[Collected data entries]
+ + + + +

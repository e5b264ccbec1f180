-- ===== src/Budget.antt =====
-- src/terminal_status_panel/budget.py: named callables run at once under one deadline.
-- Times are readings of the monotonic clock in microseconds. What a thread does is given by its
-- ending, which is all that the code observes of it; the order in which threads reach the result
-- dicts is not modelled, so those are listed in the order of the tasks.
pub mod Expiry
pub mod Outcome
pub mod Grace
mod Tests
use terminal_status_panel.Base.{
  ℕ, ◌+◌, max, min, Bool, true, false, not, ◌&&◌, ◌||◌, Option, none, some, List, [], ◌∷◌, ◌++◌,
  map, String, ltb, leb, filter, mem, str_eq, if◌then◌else◌,
}
use terminal_status_panel.Base.Dict.{lookup, has_key, without}
use terminal_status_panel.Base.Sorting.{sort}

abbrev pub exit_grace : ℕ
exit_grace = 250000

-- When and how a callable ends: with a value, with an exception's text, or not at all.
pub data Ending (V : Type 0) : Type 0 where
  returns : ℕ → V → Ending V
  raises : ℕ → String → Ending V
  hangs : Ending V

module _ {V : Type 0} where
  -- `thread.is_alive()` at a time.
  abbrev pub alive_at : ℕ → Ending V → Bool
  alive_at now (returns at v) = ltb now at
  alive_at now (raises at e) = ltb now at
  alive_at now hangs = true

  -- `thread.join(max(0.0, deadline - time.monotonic()))`: the time at which it returns.
  abbrev pub join_until : ℕ → ℕ → Ending V → ℕ
  join_until now deadline (returns at v) = max now (min at (max now deadline))
  join_until now deadline (raises at e) = max now (min at (max now deadline))
  join_until now deadline hangs = max now deadline

pub record Task (V : Type 0) : Type 0 where
  pub name : String
  pub ending : Ending V

pub record BudgetResult (V : Type 0) : Type 0 where
  pub results : List (String × V)
  pub truncated : List String
  pub failed : List (String × String)

-- The keyword arguments and the clock's reading once every thread is started.
pub record Limits : Type 0 where
  pub budget : ℕ
  pub timeouts : List (String × ℕ)
  pub started : ℕ

abbrev or_budget : ℕ → Option ℕ → ℕ
or_budget budget none = budget
or_budget budget (some timeout) = timeout

pub deadline_of : Limits → String → ℕ
unfolding lookup
deadline_of l name =
    min (l.started + l.budget) (l.started + or_budget l.budget (lookup name l.timeouts))

module _ {V : Type 0} where
  -- What `runner` has put into `results` and into `failed` by a time.
  pub returned_by : ℕ → List (Task V) → List (String × V)
  returned_by now [] = []
  returned_by now (t ∷ tasks) = elim t.ending [
    | returns at v ↦
        if leb at now then (t.name, v) ∷ returned_by now tasks else returned_by now tasks
    | raises at e ↦ returned_by now tasks
    | hangs ↦ returned_by now tasks
  ]

  pub raised_by : ℕ → List (Task V) → List (String × String)
  raised_by now [] = []
  raised_by now (t ∷ tasks) = elim t.ending [
    | returns at v ↦ raised_by now tasks
    | raises at e ↦ if leb at now then (t.name, e) ∷ raised_by now tasks else raised_by now tasks
    | hangs ↦ raised_by now tasks
  ]

  abbrev pub by_deadline : Limits → Task V → Task V → Bool
  by_deadline l a b = leb (deadline_of l a.name) (deadline_of l b.name)

  -- The loop of joins: the expired names, and the time at its end.
  pub join_loop : Limits → ℕ → List (Task V) → List String × ℕ
  join_loop l now [] = ([], now)
  join_loop l now (t ∷ tasks) =
      let next = join_until now (deadline_of l t.name) t.ending in
      let (expired, end) = join_loop l next tasks in
      (if alive_at next t.ending then t.name ∷ expired else expired, end)

  abbrev pub still_alive : ℕ → List (Task V) → List (Task V)
  still_alive now = filter (λ (t : Task V). alive_at now t.ending)

  -- The result, the new `_stragglers`, and the time at which the call returns.
  pub run_with_budget : Limits → List (Task V) → List (Task V) → BudgetResult V × List (Task V) × ℕ
  run_with_budget l stragglers tasks =
      let (expired, now) = join_loop l l.started (sort (by_deadline l) tasks) in
      let results = returned_by now tasks in
      let failed = raised_by now tasks in
      let unreported = λ (name : String).
        mem name expired || (not (has_key name results) && not (has_key name failed)) in
      (
        record {
          results = without expired results;
          truncated = filter unreported (map (λ (t : Task V). t.name) tasks);
          failed = without expired failed;
        },
        still_alive now stragglers ++ still_alive now tasks,
        now,
      )

  -- `_join_stragglers`: the joins of one shared grace period, and the time at its end.
  pub join_all : ℕ → ℕ → List (Task V) → ℕ
  join_all now deadline [] = now
  join_all now deadline (t ∷ threads) = join_all (join_until now deadline t.ending) deadline threads

  -- The end of the grace period, and the emptied list.
  pub join_stragglers : ℕ → List (Task V) → ℕ × List (Task V)
  join_stragglers now stragglers =
      (join_all now (now + exit_grace) (still_alive now stragglers), [])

+ + + + +

Problem details:
Print out all the entries above exactly.

Expected answer:
repository e5b264ccbec1f180
-- ===== src/Budget.antt =====
-- src/terminal_status_panel/budget.py: named callables run at once under one deadline.
-- Times are readings of the monotonic clock in microseconds. What a thread does is given by its
-- ending, which is all that the code observes of it; the order in which threads reach the result
-- dicts is not modelled, so those are listed in the order of the tasks.
pub mod Expiry
pub mod Outcome
pub mod Grace
mod Tests
use terminal_status_panel.Base.{
  ℕ, ◌+◌, max, min, Bool, true, false, not, ◌&&◌, ◌||◌, Option, none, some, List, [], ◌∷◌, ◌++◌,
  map, String, ltb, leb, filter, mem, str_eq, if◌then◌else◌,
}
use terminal_status_panel.Base.Dict.{lookup, has_key, without}
use terminal_status_panel.Base.Sorting.{sort}

abbrev pub exit_grace : ℕ
exit_grace = 250000

-- When and how a callable ends: with a value, with an exception's text, or not at all.
pub data Ending (V : Type 0) : Type 0 where
  returns : ℕ → V → Ending V
  raises : ℕ → String → Ending V
  hangs : Ending V

module _ {V : Type 0} where
  -- `thread.is_alive()` at a time.
  abbrev pub alive_at : ℕ → Ending V → Bool
  alive_at now (returns at v) = ltb now at
  alive_at now (raises at e) = ltb now at
  alive_at now hangs = true

  -- `thread.join(max(0.0, deadline - time.monotonic()))`: the time at which it returns.
  abbrev pub join_until : ℕ → ℕ → Ending V → ℕ
  join_until now deadline (returns at v) = max now (min at (max now deadline))
  join_until now deadline (raises at e) = max now (min at (max now deadline))
  join_until now deadline hangs = max now deadline

pub record Task (V : Type 0) : Type 0 where
  pub name : String
  pub ending : Ending V

pub record BudgetResult (V : Type 0) : Type 0 where
  pub results : List (String × V)
  pub truncated : List String
  pub failed : List (String × String)

-- The keyword arguments and the clock's reading once every thread is started.
pub record Limits : Type 0 where
  pub budget : ℕ
  pub timeouts : List (String × ℕ)
  pub started : ℕ

abbrev or_budget : ℕ → Option ℕ → ℕ
or_budget budget none = budget
or_budget budget (some timeout) = timeout

pub deadline_of : Limits → String → ℕ
unfolding lookup
deadline_of l name =
    min (l.started + l.budget) (l.started + or_budget l.budget (lookup name l.timeouts))

module _ {V : Type 0} where
  -- What `runner` has put into `results` and into `failed` by a time.
  pub returned_by : ℕ → List (Task V) → List (String × V)
  returned_by now [] = []
  returned_by now (t ∷ tasks) = elim t.ending [
    | returns at v ↦
        if leb at now then (t.name, v) ∷ returned_by now tasks else returned_by now tasks
    | raises at e ↦ returned_by now tasks
    | hangs ↦ returned_by now tasks
  ]

  pub raised_by : ℕ → List (Task V) → List (String × String)
  raised_by now [] = []
  raised_by now (t ∷ tasks) = elim t.ending [
    | returns at v ↦ raised_by now tasks
    | raises at e ↦ if leb at now then (t.name, e) ∷ raised_by now tasks else raised_by now tasks
    | hangs ↦ raised_by now tasks
  ]

  abbrev pub by_deadline : Limits → Task V → Task V → Bool
  by_deadline l a b = leb (deadline_of l a.name) (deadline_of l b.name)

  -- The loop of joins: the expired names, and the time at its end.
  pub join_loop : Limits → ℕ → List (Task V) → List String × ℕ
  join_loop l now [] = ([], now)
  join_loop l now (t ∷ tasks) =
      let next = join_until now (deadline_of l t.name) t.ending in
      let (expired, end) = join_loop l next tasks in
      (if alive_at next t.ending then t.name ∷ expired else expired, end)

  abbrev pub still_alive : ℕ → List (Task V) → List (Task V)
  still_alive now = filter (λ (t : Task V). alive_at now t.ending)

  -- The result, the new `_stragglers`, and the time at which the call returns.
  pub run_with_budget : Limits → List (Task V) → List (Task V) → BudgetResult V × List (Task V) × ℕ
  run_with_budget l stragglers tasks =
      let (expired, now) = join_loop l l.started (sort (by_deadline l) tasks) in
      let results = returned_by now tasks in
      let failed = raised_by now tasks in
      let unreported = λ (name : String).
        mem name expired || (not (has_key name results) && not (has_key name failed)) in
      (
        record {
          results = without expired results;
          truncated = filter unreported (map (λ (t : Task V). t.name) tasks);
          failed = without expired failed;
        },
        still_alive now stragglers ++ still_alive now tasks,
        now,
      )

  -- `_join_stragglers`: the joins of one shared grace period, and the time at its end.
  pub join_all : ℕ → ℕ → List (Task V) → ℕ
  join_all now deadline [] = now
  join_all now deadline (t ∷ threads) = join_all (join_until now deadline t.ending) deadline threads

  -- The end of the grace period, and the emptied list.
  pub join_stragglers : ℕ → List (Task V) → ℕ × List (Task V)
  join_stragglers now stragglers =
      (join_all now (now + exit_grace) (still_alive now stragglers), [])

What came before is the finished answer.